> Data to process:
────
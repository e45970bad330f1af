-- ===== src/Zfs/Destroy/Tests.antt =====
-- Destructions on a small tree.
use mathlib.Core.List.{Memᴰ}
use zsys.Prelude.{true, false, none, some, [], ◌∷◌, ◌≡◌, inl, refl}
use zsys.Text.{Bytes, codes}
use zsys.Zfs.Dataset.{Dataset, dataset, nil, cons}
use zsys.Zfs.Hierarchy.{collect_dataset}
use zsys.Zfs.Samples.{plain}
use zsys.Zfs.Cache.{Cache, find_in_children}
use zsys.Zfs.Destroy.{Backend, DestroyError, destroy}
use zsys.Zfs.Destroy.Laws.{destroy-Refused}
use zsys.Zfs.Destroy.Laws.Filesystems.{AllWellNamed, filesystems, destroy-snapshot}

abbrev backend : Backend
backend = record { destroys = λ name. true; clones = λ name. some [] }

abbrev cloning : Backend
cloning = record { destroys = λ name. true; clones = λ name. some (codes "c" ∷ []) }

abbrev snap : Bytes → Dataset
snap name = dataset name true plain nil

-- A dataset and one below it, each with the snapshot s.
abbrev below : Dataset
below = dataset (codes "r/a") false plain (cons (snap (codes "r/a@s")) nil)

abbrev top : Dataset
top = dataset (codes "r") false plain (cons (snap (codes "r@s")) (cons below nil))

abbrev cache : Cache
cache = cons top nil

abbrev left : Cache
left = cons (dataset (codes "r") false plain (cons (dataset (codes "r/a") false plain nil) nil)) nil

snapshots-destroyed : destroy backend (codes "r@s") cache ≡ (left, none)
unfolding destroy zsys.Text.text_eq find_in_children zsys.Zfs.Names.split_snapshot_name
    zsys.Zfs.Cache.change_in_children zsys.Zfs.Cache.drop_child zsys.Zfs.Hierarchy.remove_child
snapshots-destroyed = refl

destroy-Refused_example :
    ((destroy cloning (codes "r@s") cache).0 ≡ cache)
    × ((e : DestroyError) × ((destroy cloning (codes "r@s") cache).1 ≡ some e))
unfolding find_in_children collect_dataset zsys.Zfs.Destroy.own_clones zsys.Text.text_eq
destroy-Refused_example =
    destroy-Refused cloning (codes "r@s") cache (snap (codes "r@s")) refl
      (inl (snap (codes "r@s"), Memᴰ.head refl, λ e. absurd cc))

destroy-snapshot_example :
    AllWellNamed (destroy backend (codes "r@s") cache).0
    × (filesystems (destroy backend (codes "r@s") cache).0 ≡ codes "r" ∷ codes "r/a" ∷ [])
unfolding find_in_children zsys.Text.text_eq zsys.Text.has_byte zsys.Zfs.Names.split_snapshot_name
destroy-snapshot_example =
    destroy-snapshot backend (codes "r@s") cache (snap (codes "r@s"))
      (
        (
          refl,
          (
            (λ e. absurd cc),
            (
              (refl, ((λ e. refl), tt)),
              ((refl, ((λ e. absurd cc), ((refl, ((λ e. refl), tt)), tt))), tt),
            ),
          ),
        ),
        tt,
      )
      refl refl (λ e. absurd cc)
────
> Work instruction: Could you find each line in the entries that contains the string "absurd" and copy it?

> Solved problem:
      (inl (snap (codes "r@s"), Memᴰ.head refl, λ e. absurd cc))
            (λ e. absurd cc),
              ((refl, ((λ e. absurd cc), ((refl, ((λ e. refl), tt)), tt))), tt),
      refl refl (λ e. absurd cc)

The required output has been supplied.